Measuring failover times

Started by SimonV, January 24, 2018, 03:17:33 PM

Previous topic - Next topic

SimonV

I'm wondering if there is any tool that will accurately measure failover times in the lab, possibly even down to the milli-second. Anything that's more accurate than a ping would be great...  :)

deanwebb

What about debug logging? Or are their timestamps not specific down to the millisecond? Would syslogs be the answer?
Take a baseball bat and trash all the routers, shout out "IT'S A NETWORK PROBLEM NOW, SUCKERS!" and then peel out of the parking lot in your Ferrari.
"The world could perish if people only worked on things that were easy to handle." -- Vladimir Savchenko
Вопросы есть? Вопросов нет! | BCEB: Belkin Certified Expert Baffler | "Plan B is Plan A with an element of panic." -- John Clarke
Accounting is architecture, remember that!
Air gaps are high-latency Internet connections.

icecream-guy

what constitutes failover time? there lies the problem,  when the packets make it to the redundant server? or when the service is responding
:professorcat:

My Moral Fibers have been cut.

SimonV

Quote from: ristau5741 on January 24, 2018, 09:03:09 PM
what constitutes failover time? there lies the problem,  when the packets make it to the redundant server? or when the service is responding

When full end-to-end connectivity has been restored.

Something like iperf, with two nodes on both ends of the topology that you're testing, keeping a steady stream of timestamped traffic open and reporting back when exactly end-to-end connectivity has been restored. Thinking about it, might be possible using BFD for this.

wintermute000

#4
IXIA, spirent STC (L4) / Avalanche (L7) are two big name commercial traffic generator options.

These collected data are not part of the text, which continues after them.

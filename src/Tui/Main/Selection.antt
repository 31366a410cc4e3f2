-- ===== src/Tui/Main/Selection.antt =====
-- Which peer is selected after a message of the daemon: the list of peers alone can change it.
use mathlib.Core.Option
use family_com.Prelude.{
  ℕ, zero, suc, ◌<◌, ◌≡◌, refl, ap, sym, ◌∙◌, Bool, false, List, [], ◌∷◌, ◌++◌, Option, none, some,
  arith, length, get_elem?, any, ◌==◌, Bool-cases, Option-cases, inl, inr, String,
}
use family_com.Core.Types.{PeerId, PeerInfo}
use family_com.Core.Ipc.{ServerMessage}
use family_com.Tui.App.{
  TuiApp, selected_peer, selected_peer_id, update_first, set_peer_online, handle_server_message,
}
use family_com.Tui.App.Validity.{IsWithin, IsValid}
use family_com.Tui.Main.{is_peer_list}

-- The identifier of an entry.
abbrev id_at : List PeerInfo → ℕ → Option PeerId
id_at ps i = Option.map (λ (p : PeerInfo). p.id) (get_elem? ps i)

id_at-update_first :
    (q : PeerInfo → Bool) (f : PeerInfo → PeerInfo) (ps : List PeerInfo) (i : ℕ)
    → ((p : PeerInfo) → (f p).id ≡ p.id)
    → id_at (update_first q f ps) i ≡ id_at ps i
unfolding update_first
id_at-update_first q f [] i h = refl
id_at-update_first q f (p ∷ ps) zero h = elim (Bool-cases (q p)) [
  | inl y ↦ rw y (ap some (h p))
  | inr n ↦ rw n refl
]
id_at-update_first q f (p ∷ ps) (suc i) h = elim (Bool-cases (q p)) [
  | inl y ↦ rw y refl
  | inr n ↦ rw n (id_at-update_first q f ps i h)
]

id_at-push :
    (ps : List PeerInfo) (p : PeerInfo) (i : ℕ)
    → i < length ps
    → id_at (ps ++ p ∷ []) i ≡ id_at ps i
id_at-push [] p i h = absurd (omega arith)
id_at-push (q ∷ ps) p zero h = refl
id_at-push (q ∷ ps) p (suc i) h = id_at-push ps p i (omega arith)

id_at-set_peer_online :
    (p : PeerInfo) (ps : List PeerInfo) (i : ℕ)
    → i < length ps
    → id_at (set_peer_online p ps) i ≡ id_at ps i
unfolding set_peer_online
id_at-set_peer_online p ps i h = elim (Bool-cases (any (λ (q : PeerInfo). q.id == p.id) ps)) [
  | inl y ↦ rw y (id_at-update_first _ _ ps i (λ q. refl))
  | inr n ↦ rw n (id_at-push ps p i h)
]

selected_of : List PeerInfo → Option ℕ → Option PeerId
selected_of ps none = none
selected_of ps (some i) = id_at ps i

selected_peer_id_lem :
    (app : TuiApp) → selected_peer_id app ≡ selected_of app.peers app.selected_peer_idx
unfolding selected_peer_id selected_peer selected_of
selected_peer_id_lem app = elim (Option-cases app.selected_peer_idx) [
  | inl e ↦ rw (e, selected_peer, selected_of) refl
  | inr (i, e) ↦ rw (e, selected_peer, selected_of) refl
]

selected_of-same :
    (ps qs : List PeerInfo) (i : Option ℕ)
    → ((n : ℕ) → n < length ps → id_at qs n ≡ id_at ps n)
    → IsWithin (length ps) i
    → selected_of qs i ≡ selected_of ps i
unfolding selected_of
selected_of-same ps qs none h w = refl
selected_of-same ps qs (some n) h w = h n w

-- A new list of peers leaves the selection, if the entries that there were keep their places.
selected-same :
    (app : TuiApp) (qs : List PeerInfo) (text : String)
    → ((n : ℕ) → n < length app.peers → id_at qs n ≡ id_at app.peers n)
    → IsValid app
    → selected_peer_id (record app { peers = qs; status = text }) ≡ selected_peer_id app
selected-same app qs text h w =
    selected_peer_id_lem (record app { peers = qs; status = text })
    ∙ selected_of-same app.peers qs app.selected_peer_idx h w.selection
    ∙ sym (selected_peer_id_lem app)

pub handle_server_message-selected :
    (app : TuiApp) (m : ServerMessage)
    → is_peer_list m ≡ false
    → IsValid app
    → selected_peer_id (handle_server_message app m) ≡ selected_peer_id app
unfolding handle_server_message is_peer_list selected_peer_id selected_peer
handle_server_message-selected app (ServerMessage.peer_list ps) h w = cc
handle_server_message-selected app (ServerMessage.peer_online p) h w =
    selected-same app (set_peer_online p app.peers)
      (handle_server_message app (ServerMessage.peer_online p)).status
      (λ n. id_at-set_peer_online p app.peers n) w
handle_server_message-selected app (ServerMessage.peer_offline k) h w =
    selected-same app (update_first _ _ app.peers) app.status
      (λ n _. id_at-update_first _ _ app.peers n (λ q. refl)) w
handle_server_message-selected app _ h w = refl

Here's an open source one: https://trex-tgn.cisco.com/

This is a VERY deep field once you get into the weeds... be warned. The exact nature of the traffic will have a bearing on what you measure and what you're actually making the device do - this is especially true for security platforms. Example: I'm driving 2k concurrent TCP connections (RENO) @ ~70k connections with total throughput ~4Gb (lots of tiny 8kb HTTP GETs). It tells me I lost 15000 packets and 500 connections. What's the convergence time? LOLOLOLOLOL


For simple RS something like a spirent which generates a simple stream of packets, count the lost packets that's done - sure, but as soon as you get into stateful devices or real world traffic patterns hmmmm

dlots

I have used Jperf/wireshark for this.  Just send a stream of UDP traffic as fast as possible with a destination of a PC, the PC captures on wireshark.  Cause failure, once the fail-over is done stop the capture.  Filter so that only traffic from the Jperf box is visible.

Go to view, time display format, seconds since previous displayed packet.  Then sort by time.  The largest amount of time there should be your fail-over time.